#### [ASSIGNMENT]
Search the records below for the string "LanesKeep" and copy each line where it turns up.

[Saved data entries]
****************************************

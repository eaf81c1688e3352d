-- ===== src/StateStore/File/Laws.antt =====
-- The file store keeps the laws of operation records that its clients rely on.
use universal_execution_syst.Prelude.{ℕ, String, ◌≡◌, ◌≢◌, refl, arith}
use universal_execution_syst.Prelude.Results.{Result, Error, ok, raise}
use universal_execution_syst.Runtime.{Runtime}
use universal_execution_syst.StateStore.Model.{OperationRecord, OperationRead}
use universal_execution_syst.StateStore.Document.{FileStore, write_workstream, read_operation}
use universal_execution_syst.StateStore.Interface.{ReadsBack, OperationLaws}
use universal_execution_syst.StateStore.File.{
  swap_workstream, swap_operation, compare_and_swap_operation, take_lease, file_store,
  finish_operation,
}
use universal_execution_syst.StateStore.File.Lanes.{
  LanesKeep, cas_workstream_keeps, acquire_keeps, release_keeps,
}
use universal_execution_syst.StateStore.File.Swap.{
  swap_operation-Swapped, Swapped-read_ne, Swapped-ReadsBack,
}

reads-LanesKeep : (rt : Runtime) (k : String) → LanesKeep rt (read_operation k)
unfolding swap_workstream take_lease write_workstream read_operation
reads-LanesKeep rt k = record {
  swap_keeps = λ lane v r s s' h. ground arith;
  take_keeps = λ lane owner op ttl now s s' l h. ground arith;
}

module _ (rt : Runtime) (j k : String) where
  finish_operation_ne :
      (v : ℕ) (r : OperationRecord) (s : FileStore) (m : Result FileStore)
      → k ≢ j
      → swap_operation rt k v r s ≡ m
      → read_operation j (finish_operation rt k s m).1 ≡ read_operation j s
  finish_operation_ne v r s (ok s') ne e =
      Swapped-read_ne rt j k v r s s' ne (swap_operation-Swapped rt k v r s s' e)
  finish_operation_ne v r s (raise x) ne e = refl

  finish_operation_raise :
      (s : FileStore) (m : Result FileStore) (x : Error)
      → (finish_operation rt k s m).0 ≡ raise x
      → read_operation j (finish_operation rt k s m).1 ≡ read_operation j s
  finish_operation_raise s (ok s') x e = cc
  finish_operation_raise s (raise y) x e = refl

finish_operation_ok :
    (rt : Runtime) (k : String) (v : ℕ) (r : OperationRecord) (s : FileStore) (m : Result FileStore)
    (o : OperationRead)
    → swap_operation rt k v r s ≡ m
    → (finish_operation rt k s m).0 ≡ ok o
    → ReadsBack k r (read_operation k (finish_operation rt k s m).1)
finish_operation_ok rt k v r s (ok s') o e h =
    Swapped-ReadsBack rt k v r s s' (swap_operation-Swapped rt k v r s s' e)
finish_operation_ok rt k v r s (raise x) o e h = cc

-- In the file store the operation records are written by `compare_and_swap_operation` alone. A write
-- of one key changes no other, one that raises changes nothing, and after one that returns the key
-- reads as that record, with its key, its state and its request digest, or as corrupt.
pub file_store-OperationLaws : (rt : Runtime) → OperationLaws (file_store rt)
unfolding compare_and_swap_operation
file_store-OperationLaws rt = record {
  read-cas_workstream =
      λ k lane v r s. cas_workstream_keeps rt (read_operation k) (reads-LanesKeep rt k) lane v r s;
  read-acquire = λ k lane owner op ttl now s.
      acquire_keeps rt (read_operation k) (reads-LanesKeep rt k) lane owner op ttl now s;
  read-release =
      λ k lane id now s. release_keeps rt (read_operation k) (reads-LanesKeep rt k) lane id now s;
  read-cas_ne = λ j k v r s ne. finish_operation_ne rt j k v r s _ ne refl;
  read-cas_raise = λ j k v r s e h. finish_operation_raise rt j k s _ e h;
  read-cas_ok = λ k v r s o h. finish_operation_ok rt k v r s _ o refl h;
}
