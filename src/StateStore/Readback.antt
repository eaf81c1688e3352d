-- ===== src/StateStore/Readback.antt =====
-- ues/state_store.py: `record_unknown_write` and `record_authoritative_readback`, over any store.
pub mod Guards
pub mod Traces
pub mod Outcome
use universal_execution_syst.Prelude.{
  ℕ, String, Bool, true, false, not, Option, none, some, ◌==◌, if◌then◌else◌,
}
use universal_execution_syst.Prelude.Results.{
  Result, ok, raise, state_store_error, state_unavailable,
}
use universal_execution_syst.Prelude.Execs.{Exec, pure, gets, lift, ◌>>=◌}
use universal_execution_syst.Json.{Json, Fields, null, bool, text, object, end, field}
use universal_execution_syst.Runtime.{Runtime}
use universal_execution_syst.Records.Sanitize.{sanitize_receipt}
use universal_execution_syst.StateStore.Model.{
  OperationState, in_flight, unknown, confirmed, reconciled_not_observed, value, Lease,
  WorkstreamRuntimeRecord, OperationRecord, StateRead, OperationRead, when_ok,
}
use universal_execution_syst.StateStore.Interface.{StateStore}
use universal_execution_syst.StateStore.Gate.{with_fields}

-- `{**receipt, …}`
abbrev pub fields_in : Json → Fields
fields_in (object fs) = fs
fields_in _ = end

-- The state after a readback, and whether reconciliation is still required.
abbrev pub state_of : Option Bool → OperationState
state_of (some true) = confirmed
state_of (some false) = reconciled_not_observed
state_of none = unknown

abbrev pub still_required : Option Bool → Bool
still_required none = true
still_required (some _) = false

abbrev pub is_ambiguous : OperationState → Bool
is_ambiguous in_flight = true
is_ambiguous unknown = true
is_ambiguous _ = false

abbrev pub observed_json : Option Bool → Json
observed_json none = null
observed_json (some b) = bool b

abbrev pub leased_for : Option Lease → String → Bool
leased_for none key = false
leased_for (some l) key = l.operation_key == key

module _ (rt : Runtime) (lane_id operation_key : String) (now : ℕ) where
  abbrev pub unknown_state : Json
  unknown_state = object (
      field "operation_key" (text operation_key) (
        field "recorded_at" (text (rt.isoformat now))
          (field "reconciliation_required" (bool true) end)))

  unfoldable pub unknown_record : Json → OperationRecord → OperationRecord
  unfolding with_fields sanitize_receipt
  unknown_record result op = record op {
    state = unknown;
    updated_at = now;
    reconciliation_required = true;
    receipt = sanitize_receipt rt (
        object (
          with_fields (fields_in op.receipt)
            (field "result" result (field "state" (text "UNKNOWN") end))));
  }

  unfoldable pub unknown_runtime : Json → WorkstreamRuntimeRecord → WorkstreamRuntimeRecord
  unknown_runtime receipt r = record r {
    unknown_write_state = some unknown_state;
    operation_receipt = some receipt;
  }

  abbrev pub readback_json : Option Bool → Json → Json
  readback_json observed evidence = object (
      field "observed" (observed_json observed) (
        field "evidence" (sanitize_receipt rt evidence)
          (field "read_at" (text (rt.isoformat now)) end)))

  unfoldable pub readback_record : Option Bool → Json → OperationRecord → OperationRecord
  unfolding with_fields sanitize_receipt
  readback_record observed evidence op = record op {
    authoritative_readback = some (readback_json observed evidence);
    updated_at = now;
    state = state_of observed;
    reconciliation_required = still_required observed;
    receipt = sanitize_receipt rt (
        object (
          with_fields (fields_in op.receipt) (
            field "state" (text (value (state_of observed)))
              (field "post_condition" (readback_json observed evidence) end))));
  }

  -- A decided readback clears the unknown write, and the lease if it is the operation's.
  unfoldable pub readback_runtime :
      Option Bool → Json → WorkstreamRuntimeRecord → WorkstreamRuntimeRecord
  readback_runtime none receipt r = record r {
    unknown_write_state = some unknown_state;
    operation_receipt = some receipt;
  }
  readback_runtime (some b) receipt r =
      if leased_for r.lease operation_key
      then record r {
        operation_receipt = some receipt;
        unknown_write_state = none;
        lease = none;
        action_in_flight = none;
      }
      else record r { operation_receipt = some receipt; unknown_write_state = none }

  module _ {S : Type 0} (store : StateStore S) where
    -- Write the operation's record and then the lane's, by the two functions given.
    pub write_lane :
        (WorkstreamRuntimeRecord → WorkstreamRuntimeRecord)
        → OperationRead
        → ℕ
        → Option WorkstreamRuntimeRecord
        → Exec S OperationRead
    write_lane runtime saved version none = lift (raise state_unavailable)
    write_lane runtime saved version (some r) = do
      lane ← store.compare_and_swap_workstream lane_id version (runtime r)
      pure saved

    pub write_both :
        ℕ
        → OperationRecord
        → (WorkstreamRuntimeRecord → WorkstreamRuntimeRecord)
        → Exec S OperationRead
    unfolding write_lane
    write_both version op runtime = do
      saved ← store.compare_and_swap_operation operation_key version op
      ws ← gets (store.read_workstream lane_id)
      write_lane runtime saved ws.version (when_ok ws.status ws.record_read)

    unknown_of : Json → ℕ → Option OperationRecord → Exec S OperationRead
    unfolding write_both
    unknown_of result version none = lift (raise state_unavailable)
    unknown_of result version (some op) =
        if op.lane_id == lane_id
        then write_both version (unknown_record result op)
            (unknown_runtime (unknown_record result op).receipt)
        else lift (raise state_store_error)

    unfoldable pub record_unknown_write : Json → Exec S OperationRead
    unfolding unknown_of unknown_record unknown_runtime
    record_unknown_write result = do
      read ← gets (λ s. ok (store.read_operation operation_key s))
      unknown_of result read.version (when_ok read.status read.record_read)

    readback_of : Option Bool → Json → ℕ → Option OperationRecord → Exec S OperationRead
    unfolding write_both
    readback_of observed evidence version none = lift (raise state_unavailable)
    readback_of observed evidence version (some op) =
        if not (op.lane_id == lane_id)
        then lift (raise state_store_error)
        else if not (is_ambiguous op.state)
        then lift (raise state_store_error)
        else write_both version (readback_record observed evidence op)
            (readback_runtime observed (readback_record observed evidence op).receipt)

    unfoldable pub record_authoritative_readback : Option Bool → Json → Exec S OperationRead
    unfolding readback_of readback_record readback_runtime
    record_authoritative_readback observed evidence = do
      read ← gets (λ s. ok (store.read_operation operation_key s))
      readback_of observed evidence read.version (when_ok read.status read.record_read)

****************************************

#### [RESPONSE BOX]
  LanesKeep, cas_workstream_keeps, acquire_keeps, release_keeps,
reads-LanesKeep : (rt : Runtime) (k : String) → LanesKeep rt (read_operation k)
reads-LanesKeep rt k = record {
      λ k lane v r s. cas_workstream_keeps rt (read_operation k) (reads-LanesKeep rt k) lane v r s;
      acquire_keeps rt (read_operation k) (reads-LanesKeep rt k) lane owner op ttl now s;
      λ k lane id now s. release_keeps rt (read_operation k) (reads-LanesKeep rt k) lane id now s;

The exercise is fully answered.